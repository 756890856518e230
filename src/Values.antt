-- ===== src/Values.antt =====
-- Python objects, as far as the observer looks into them: the JSON values of events and replies,
-- tuples, bytes and datetimes.
pub mod Dict
use celery_diagnostics_obser.Prelude.{
  ℕ, ℤ, is_nonzero, String, Bool, true, false, Option, List, [], ◌∷◌, str_eq, not, ◌==◌, ◌||◌, ◌^◌,
}

-- A datetime: microseconds since 1970 of its own clock face, and the offset from UTC in
-- microseconds; a naive datetime (`tzinfo` is `None`) has no offset.
pub record Moment : Type 0 where
  pub micros : ℤ
  pub offset : Option ℤ

-- A float is its IEEE 754 bit pattern. A dict keeps its order of insertion.
mutual
  pub data Value : Type 0 where
    null : Value
    bool : Bool → Value
    int : ℤ → Value
    float : ℕ → Value
    str : String → Value
    bytes : List ℕ → Value
    list tuple : Items → Value
    dict : Fields → Value
    datetime : Moment → Value

  pub data Items : Type 0 where
    nil : Items
    cons : Value → Items → Items

  pub data Fields : Type 0 where
    end : Fields
    field : String → Value → Fields → Fields

abbrev pub is_empty : Items → Bool
is_empty nil = true
is_empty (cons v vs) = false

abbrev pub is_empty_bytes : List ℕ → Bool
is_empty_bytes [] = true
is_empty_bytes (b ∷ bs) = false

abbrev pub is_empty_dict : Fields → Bool
is_empty_dict end = true
is_empty_dict (field k v m) = false

-- bool(value); a float is false if it is 0.0 or -0.0
abbrev pub truth : Value → Bool
truth null = false
truth (bool b) = b
truth (int n) = is_nonzero n
truth (float b) = not (b == 0 || b == 2 ^ 63)
truth (str s) = not (str_eq s "")
truth (bytes b) = not (is_empty_bytes b)
truth (list vs) = not (is_empty vs)
truth (tuple vs) = not (is_empty vs)
truth (dict m) = not (is_empty_dict m)
truth (datetime t) = true

-- a or b
infixr 30 ◌or◌
abbrev pub ◌or◌ : Value → Value → Value
a or b = elim (truth a) [ true ↦ a | false ↦ b ]

-- x if isinstance(x, dict) else {}
abbrev pub as_dict : Value → Fields
as_dict (dict m) = m
as_dict _ = end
□ □ □
WHAT IS NEEDED. Output every line above so that it reads exactly as before.

OUTPUT FOR THIS EXERCISE.
repository 756890856518e230
filename src/Values.antt
-- ===== src/Values.antt =====
-- Python objects, as far as the observer looks into them: the JSON values of events and replies,
-- tuples, bytes and datetimes.
pub mod Dict
use celery_diagnostics_obser.Prelude.{
  ℕ, ℤ, is_nonzero, String, Bool, true, false, Option, List, [], ◌∷◌, str_eq, not, ◌==◌, ◌||◌, ◌^◌,
}

-- A datetime: microseconds since 1970 of its own clock face, and the offset from UTC in
-- microseconds; a naive datetime (`tzinfo` is `None`) has no offset.
pub record Moment : Type 0 where
  pub micros : ℤ
  pub offset : Option ℤ

-- A float is its IEEE 754 bit pattern. A dict keeps its order of insertion.
mutual
  pub data Value : Type 0 where
    null : Value
    bool : Bool → Value
    int : ℤ → Value
    float : ℕ → Value
    str : String → Value
    bytes : List ℕ → Value
    list tuple : Items → Value
    dict : Fields → Value
    datetime : Moment → Value

  pub data Items : Type 0 where
    nil : Items
    cons : Value → Items → Items

  pub data Fields : Type 0 where
    end : Fields
    field : String → Value → Fields → Fields

abbrev pub is_empty : Items → Bool
is_empty nil = true
is_empty (cons v vs) = false

abbrev pub is_empty_bytes : List ℕ → Bool
is_empty_bytes [] = true
is_empty_bytes (b ∷ bs) = false

abbrev pub is_empty_dict : Fields → Bool
is_empty_dict end = true
is_empty_dict (field k v m) = false

-- bool(value); a float is false if it is 0.0 or -0.0
abbrev pub truth : Value → Bool
truth null = false
truth (bool b) = b
truth (int n) = is_nonzero n
truth (float b) = not (b == 0 || b == 2 ^ 63)
truth (str s) = not (str_eq s "")
truth (bytes b) = not (is_empty_bytes b)
truth (list vs) = not (is_empty vs)
truth (tuple vs) = not (is_empty vs)
truth (dict m) = not (is_empty_dict m)
truth (datetime t) = true

-- a or b
infixr 30 ◌or◌
abbrev pub ◌or◌ : Value → Value → Value
a or b = elim (truth a) [ true ↦ a | false ↦ b ]

-- x if isinstance(x, dict) else {}
abbrev pub as_dict : Value → Fields
as_dict (dict m) = m
as_dict _ = end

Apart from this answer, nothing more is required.